Collected data entries
*-*-*

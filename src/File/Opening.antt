-- ===== src/File/Opening.antt =====
-- file.c: the opening of the continuation at an offset, and what follows once it is open.
use chunkfs.Base.{
  ℕ, ◌+◌, ◌-◌, ◌%◌, ◌^◌, ◌≤◌, ◌<◌, ◌≡◌, ap, Option, none, some, List, arith, length, add64,
}
use chunkfs.Kernel.{ok}
use chunkfs.Client.{Inode, Dentry, ClientFile, opened, Client}
use chunkfs.Cont.{Continuation, Head, World, put_continuation}
use chunkfs.Walk.{get_cont_at_offset}
use chunkfs.Walk.Path.{ContPath, HasMemory}
use chunkfs.Walk.Search.{Adjoin, end_from, Holder, get_cont_at_offset-cases}
use chunkfs.Walk.Same.{Same, HasData-Same}
use chunkfs.Create.{OpenCont, copy_down_file}
use chunkfs.File.{
  OpenFile, Returned, no_problemo, copy_up_file, open_cont_file, close_cont_file, read_at_cont,
  chunkfs_read, write_at_cont, chunkfs_write,
}
use chunkfs.File.Sizes.{InodePath, over, onward, Leads, sizes_from, copy_up_inode-InodePath}

-- `dentry_open` gives a file that stands at its beginning.
abbrev pub Openable : Client → Type 0
Openable c =
    (s : c.State) (d : Dentry) → c.dentry_open s d ≡ opened (record { f_dentry = d; f_pos = 0 })

abbrev pub ReadKeeps : Client → Type 0
ReadKeeps c = (s : c.State) (f : ClientFile) (len pos : ℕ) → Same c s (c.read s f len pos).fs

abbrev pub WriteKeeps : Client → Type 0
WriteKeeps c =
    (s : c.State) (f : ClientFile) (bs : List ℕ) (pos : ℕ) → Same c s (c.write s f bs pos).fs

Leads-Same :
    (c : Client) (fs fs' : c.State) (head : Head) (prev : Option Inode) (i : Inode)
    → Same c fs fs'
    → Leads c fs head prev i
    → Leads c fs' head prev i
Leads-Same c fs fs' head none i same l = l
Leads-Same c fs fs' head (some prev) i same b = record {
  cd = b.cd;
  attributes = HasData-Same c fs fs' same prev b.cd b.attributes;
  more = b.more;
  chunk = b.chunk;
  found = b.found;
  gets = b.gets;
}

pub InodePath-Same :
    (c : Client) (fs fs' : c.State) (head : Head) {prev : Option Inode} {is : List Inode}
    → Same c fs fs'
    → InodePath c fs head prev is
    → InodePath c fs' head prev is
InodePath-Same c fs fs' head same (over {i} cd has ends) =
    over cd (HasData-Same c fs fs' same i cd has) ends
InodePath-Same c fs fs' head same (onward {prev} {i} l path) =
    onward (Leads-Same c fs fs' head prev i same l) (InodePath-Same c fs fs' head same path)

-- The file of chunkfs after its client's file was closed.
abbrev pub closed : (c : Client) → c.State → List Inode → ClientFile → Continuation → OpenFile
closed c fs is f n = record {
  f_pos = add64 f.f_pos n.co_cd.cd_start;
  i_size = sizes_from c fs 0 is;
  i_attrs = c.attrs fs (c.d_inode fs f.f_dentry);
}

-- The client's file of the continuation, at the position that the offset has in it.
abbrev pub at_offset : Continuation → ℕ → ClientFile
at_offset n ppos = record { f_dentry = n.co_dentry; f_pos = ppos - n.co_cd.cd_start }

module _ (c : Client) (head : Head) (fuel : ℕ) (file : OpenFile) where
  pub close_cont_file_lem :
      (f : ClientFile) (n : Continuation) (w : World c.State) (is : List Inode)
      → InodePath c w.fs head none is
      → length is < fuel
      → close_cont_file c fuel head file f n w
        ≡ (ok (closed c w.fs is f n), record w { conts = w.conts - 1 })
  unfolding close_cont_file copy_up_file put_continuation
  close_cont_file_lem f n w is path h = rw (
      copy_up_inode-InodePath c head fuel (c.d_inode w.fs f.f_dentry)
        (record file { f_pos = add64 f.f_pos n.co_cd.cd_start }) is w path h)

  pub open_cont_file_lem :
      (ppos : ℕ) (w : World c.State) (n : Continuation)
      → Openable c
      → (get_cont_at_offset c fuel head ppos w).0 ≡ ok n
      → n.co_cd.cd_start ≤ ppos
      → ppos < 2 ^ 64
      → open_cont_file c fuel head ppos w ≡ (
        ok (record { client_file = at_offset n ppos; cont = n; ppos = ppos - n.co_cd.cd_start }),
        (get_cont_at_offset c fuel head ppos w).1,
      )
  unfolding open_cont_file copy_down_file
  open_cont_file_lem ppos w n openable e lo hi =
      let pos : (ppos + 2 ^ 64 - n.co_cd.cd_start) % 2 ^ 64 ≡ ppos - n.co_cd.cd_start =
        omega arith in
      rw (e, openable, pos)

  -- What `chunkfs_read` returns from the clients' state `fs` and the continuation `n`.
  abbrev pub read_result : c.State → List Inode → ℕ → ℕ → Continuation → Returned (List ℕ)
  read_result fs is len ppos n =
      let a = c.read fs (at_offset n ppos) len (ppos - n.co_cd.cd_start) in
      record { result = no_problemo c a.result; ppos = a.ppos; file = closed c a.fs is a.file n }

  abbrev pub write_result : c.State → List Inode → List ℕ → ℕ → Continuation → Returned ℕ
  write_result fs is bs ppos n =
      let a = c.write fs (at_offset n ppos) bs (ppos - n.co_cd.cd_start) in
      record { result = a.result; ppos = a.ppos; file = closed c a.fs is a.file n }

  module _ (n : Continuation) (ppos : ℕ) (w : World c.State) (is : List Inode)
      (path : InodePath c w.fs head none is) (h : length is < fuel) where
    abbrev here : OpenCont
    here = record { client_file = at_offset n ppos; cont = n; ppos = ppos - n.co_cd.cd_start }

    pub read_at_cont_lem :
        (len : ℕ)
        → ReadKeeps c
        → let a = c.read w.fs (at_offset n ppos) len (ppos - n.co_cd.cd_start) in
          read_at_cont c fuel head file len here w
          ≡ (ok (read_result w.fs is len ppos n), record w { fs = a.fs; conts = w.conts - 1 })
    unfolding read_at_cont
    read_at_cont_lem len keeps =
        let a = c.read w.fs (at_offset n ppos) len (ppos - n.co_cd.cd_start) in
        rw (
          close_cont_file_lem a.file n (record w { fs = a.fs }) is
            (InodePath-Same c w.fs a.fs head (keeps w.fs _ len _) path) h)

    pub write_at_cont_lem :
        (bs : List ℕ)
        → WriteKeeps c
        → let a = c.write w.fs (at_offset n ppos) bs (ppos - n.co_cd.cd_start) in
          write_at_cont c fuel head file bs here w
          ≡ (ok (write_result w.fs is bs ppos n), record w { fs = a.fs; conts = w.conts - 1 })
    unfolding write_at_cont
    write_at_cont_lem bs keeps =
        let a = c.write w.fs (at_offset n ppos) bs (ppos - n.co_cd.cd_start) in
        rw (
          close_cont_file_lem a.file n (record w { fs = a.fs }) is
            (InodePath-Same c w.fs a.fs head (keeps w.fs _ bs _) path) h)

  pub read_opened :
      (len ppos : ℕ) (w w' : World c.State) (o : OpenCont)
      → open_cont_file c fuel head ppos w ≡ (ok o, w')
      → chunkfs_read c fuel head file len ppos w ≡ read_at_cont c fuel head file len o w'
  unfolding chunkfs_read
  read_opened len ppos w w' o e = rw (ap (λ x. x.0) e, chunkfs_read, ap (λ x. x.1) e)

  pub write_opened :
      (bs : List ℕ) (ppos : ℕ) (w w' : World c.State) (o : OpenCont)
      → open_cont_file c fuel head ppos w ≡ (ok o, w')
      → chunkfs_write c fuel head file bs ppos w ≡ write_at_cont c fuel head file bs o w'
  unfolding chunkfs_write
  write_opened bs ppos w w' o e = rw e

-- The file has the continuations `ns`, whose ranges adjoin, and the inodes `is`; fuel is enough.
pub record IsFile (c : Client) (head : Head) (fuel : ℕ) (fs : c.State) (ns : List Continuation)
    (is : List Inode) : Type 0 where
  pub memory : HasMemory c
  pub openable : Openable c
  pub path : ContPath c fs head none ns
  pub adjoin : Adjoin 0 ns
  pub size : end_from 0 ns < 2 ^ 64
  pub rounds : length ns < fuel
  pub inodes : InodePath c fs head none is
  pub inode_rounds : length is < fuel

-- Where the search finds a continuation it is opened, in a world with the same clients.
pub opened_at :
    (c : Client) (head : Head) (fuel : ℕ) (file : OpenFile) (ppos : ℕ) (w : World c.State)
    (ns : List Continuation) (is : List Inode)
    → IsFile c head fuel w.fs ns is
    → ppos < end_from 0 ns
    → (n : Continuation) × Holder ppos ns n
      × (w' : World c.State) × (w'.fs ≡ w.fs)
      × (open_cont_file c fuel head ppos w ≡ (
        ok (record { client_file = at_offset n ppos; cont = n; ppos = ppos - n.co_cd.cd_start }),
        w',
      ))
opened_at c head fuel file ppos w ns is f inside =
    let (fs, found, past) =
      get_cont_at_offset-cases c head ppos fuel w ns f.memory f.path f.adjoin f.size f.rounds in
    let (n, e, holds) = found inside in
    (
      n,
      holds,
      (get_cont_at_offset c fuel head ppos w).1,
      fs,
      open_cont_file_lem c head fuel file ppos w n f.openable e holds.from (omega (arith, f.size)),
    )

*-*-*

Problem to work on: Which lines in the records above contain the word "OpenFile"? Copy each one.

Reply to the exercise:
  OpenFile, Returned, no_problemo, copy_up_file, open_cont_file, close_cont_file, read_at_cont,
abbrev pub closed : (c : Client) → c.State → List Inode → ClientFile → Continuation → OpenFile
module _ (c : Client) (head : Head) (fuel : ℕ) (file : OpenFile) where
    (c : Client) (head : Head) (fuel : ℕ) (file : OpenFile) (ppos : ℕ) (w : World c.State)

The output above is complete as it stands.